What you have to do -
Restate the records that follow. Every word must match.

---------- Dataset content

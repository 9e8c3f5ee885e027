-- ===== src/Threads.antt =====
-- class Thread of thread.h and thread.cpp, AtomicInteger of ydx_atomic.h, and CurrentThread of
-- ydx_current_thread.h and ydx_current_thread.cpp. A handle of pthread_create is a number; what
-- pthread_create and gettid give is an argument. Strings are lists of bytes.
pub mod Release
pub mod Atomic
mod Tests
use network_ydxlib.Base.{
  ℕ, ◌+◌, ◌-◌, ◌%◌, ◌^◌, Bool, true, false, ◌&&◌, not, Option, none, some, List, [], ◌∷◌, ◌++◌,
  ◌==◌, if◌then◌else◌,
}

-- The bit pattern of an integer of `w` bits; `x` is that of what is added.
unfoldable pub get_and_add : (w x value : ℕ) → ℕ × ℕ
get_and_add w x value = (value, (value + x) % 2 ^ w)

-- The value that a call of `__sync_fetch_and_add` saw and `x`, which is added to it once more.
unfoldable pub add_and_get : (w x value : ℕ) → ℕ × ℕ
unfolding get_and_add
add_and_get w x value = let (old, value') = get_and_add w x value in ((old + x) % 2 ^ w, value')

unfoldable pub increment_and_get : (w value : ℕ) → ℕ × ℕ
unfolding add_and_get
increment_and_get w value = add_and_get w 1 value

unfoldable pub decrement_and_get : (w value : ℕ) → ℕ × ℕ
unfolding add_and_get
decrement_and_get w value = add_and_get w (2 ^ w - 1) value

unfoldable pub get_and_set : (new_val value : ℕ) → ℕ × ℕ
get_and_set new_val value = (value, new_val)

-- `joins` and `detaches` are the handles that pthread_join and pthread_detach were given so far, and
-- `runs` those of the threads that pthread_create has made.
pub record Thread : Type 0 where
  pub started : Bool
  pub joined : Bool
  pub pthread_id : ℕ
  pub name : List ℕ
  pub runs : List ℕ
  pub joins : List ℕ
  pub detaches : List ℕ

-- "Thread".
abbrev pub thread_prefix : List ℕ
thread_prefix = 84 ∷ 104 ∷ 114 ∷ 101 ∷ 97 ∷ 100 ∷ []

module _ (print : ℕ → List ℕ) where
  unfoldable pub default_name : (num : ℕ) → List ℕ → List ℕ
  default_name num [] = thread_prefix ++ print num
  default_name num (x ∷ xs) = x ∷ xs

  -- With the thread, what `numCreated_` then is.
  unfoldable pub create : (num_created : ℕ) → List ℕ → Thread × ℕ
  unfolding default_name increment_and_get
  create num_created name =
      let (num, num_created') = increment_and_get 32 num_created in
      (
        record {
          started = false;
          joined = false;
          pthread_id = 0;
          name = default_name num name;
          runs = [];
          joins = [];
          detaches = [];
        },
        num_created',
      )

-- `none` is the end of the process where pthread_create fails.
unfoldable pub start : Option ℕ → Thread → Option Thread
start none t = none
start (some id) t = some (record t { started = true; pthread_id = id; runs = id ∷ t.runs })

unfoldable pub join : Thread → Thread
join t = record t { joined = true; joins = t.pthread_id ∷ t.joins }

-- The destructor.
unfoldable pub destroy : Thread → Thread
destroy t =
    if t.started && not t.joined then record t { detaches = t.pthread_id ∷ t.detaches } else t

-- `cacheTid` and `tid`; `gettid` is what the system gives.
unfoldable pub cache_tid : (gettid cached : ℕ) → ℕ
cache_tid gettid cached = if cached == 0 then gettid else cached

unfoldable pub tid : (gettid cached : ℕ) → ℕ
unfolding cache_tid
tid gettid cached = if cached == 0 then cache_tid gettid cached else cached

--------------------

Solution for this task -
repository 9e8c3f5ee885e027
-- ===== src/Threads.antt =====
-- class Thread of thread.h and thread.cpp, AtomicInteger of ydx_atomic.h, and CurrentThread of
-- ydx_current_thread.h and ydx_current_thread.cpp. A handle of pthread_create is a number; what
-- pthread_create and gettid give is an argument. Strings are lists of bytes.
pub mod Release
pub mod Atomic
mod Tests
use network_ydxlib.Base.{
  ℕ, ◌+◌, ◌-◌, ◌%◌, ◌^◌, Bool, true, false, ◌&&◌, not, Option, none, some, List, [], ◌∷◌, ◌++◌,
  ◌==◌, if◌then◌else◌,
}

-- The bit pattern of an integer of `w` bits; `x` is that of what is added.
unfoldable pub get_and_add : (w x value : ℕ) → ℕ × ℕ
get_and_add w x value = (value, (value + x) % 2 ^ w)

-- The value that a call of `__sync_fetch_and_add` saw and `x`, which is added to it once more.
unfoldable pub add_and_get : (w x value : ℕ) → ℕ × ℕ
unfolding get_and_add
add_and_get w x value = let (old, value') = get_and_add w x value in ((old + x) % 2 ^ w, value')

unfoldable pub increment_and_get : (w value : ℕ) → ℕ × ℕ
unfolding add_and_get
increment_and_get w value = add_and_get w 1 value

unfoldable pub decrement_and_get : (w value : ℕ) → ℕ × ℕ
unfolding add_and_get
decrement_and_get w value = add_and_get w (2 ^ w - 1) value

unfoldable pub get_and_set : (new_val value : ℕ) → ℕ × ℕ
get_and_set new_val value = (value, new_val)

-- `joins` and `detaches` are the handles that pthread_join and pthread_detach were given so far, and
-- `runs` those of the threads that pthread_create has made.
pub record Thread : Type 0 where
  pub started : Bool
  pub joined : Bool
  pub pthread_id : ℕ
  pub name : List ℕ
  pub runs : List ℕ
  pub joins : List ℕ
  pub detaches : List ℕ

-- "Thread".
abbrev pub thread_prefix : List ℕ
thread_prefix = 84 ∷ 104 ∷ 114 ∷ 101 ∷ 97 ∷ 100 ∷ []

module _ (print : ℕ → List ℕ) where
  unfoldable pub default_name : (num : ℕ) → List ℕ → List ℕ
  default_name num [] = thread_prefix ++ print num
  default_name num (x ∷ xs) = x ∷ xs

  -- With the thread, what `numCreated_` then is.
  unfoldable pub create : (num_created : ℕ) → List ℕ → Thread × ℕ
  unfolding default_name increment_and_get
  create num_created name =
      let (num, num_created') = increment_and_get 32 num_created in
      (
        record {
          started = false;
          joined = false;
          pthread_id = 0;
          name = default_name num name;
          runs = [];
          joins = [];
          detaches = [];
        },
        num_created',
      )

-- `none` is the end of the process where pthread_create fails.
unfoldable pub start : Option ℕ → Thread → Option Thread
start none t = none
start (some id) t = some (record t { started = true; pthread_id = id; runs = id ∷ t.runs })

unfoldable pub join : Thread → Thread
join t = record t { joined = true; joins = t.pthread_id ∷ t.joins }

-- The destructor.
unfoldable pub destroy : Thread → Thread
destroy t =
    if t.started && not t.joined then record t { detaches = t.pthread_id ∷ t.detaches } else t

-- `cacheTid` and `tid`; `gettid` is what the system gives.
unfoldable pub cache_tid : (gettid cached : ℕ) → ℕ
cache_tid gettid cached = if cached == 0 then gettid else cached

unfoldable pub tid : (gettid cached : ℕ) → ℕ
unfolding cache_tid
tid gettid cached = if cached == 0 then cache_tid gettid cached else cached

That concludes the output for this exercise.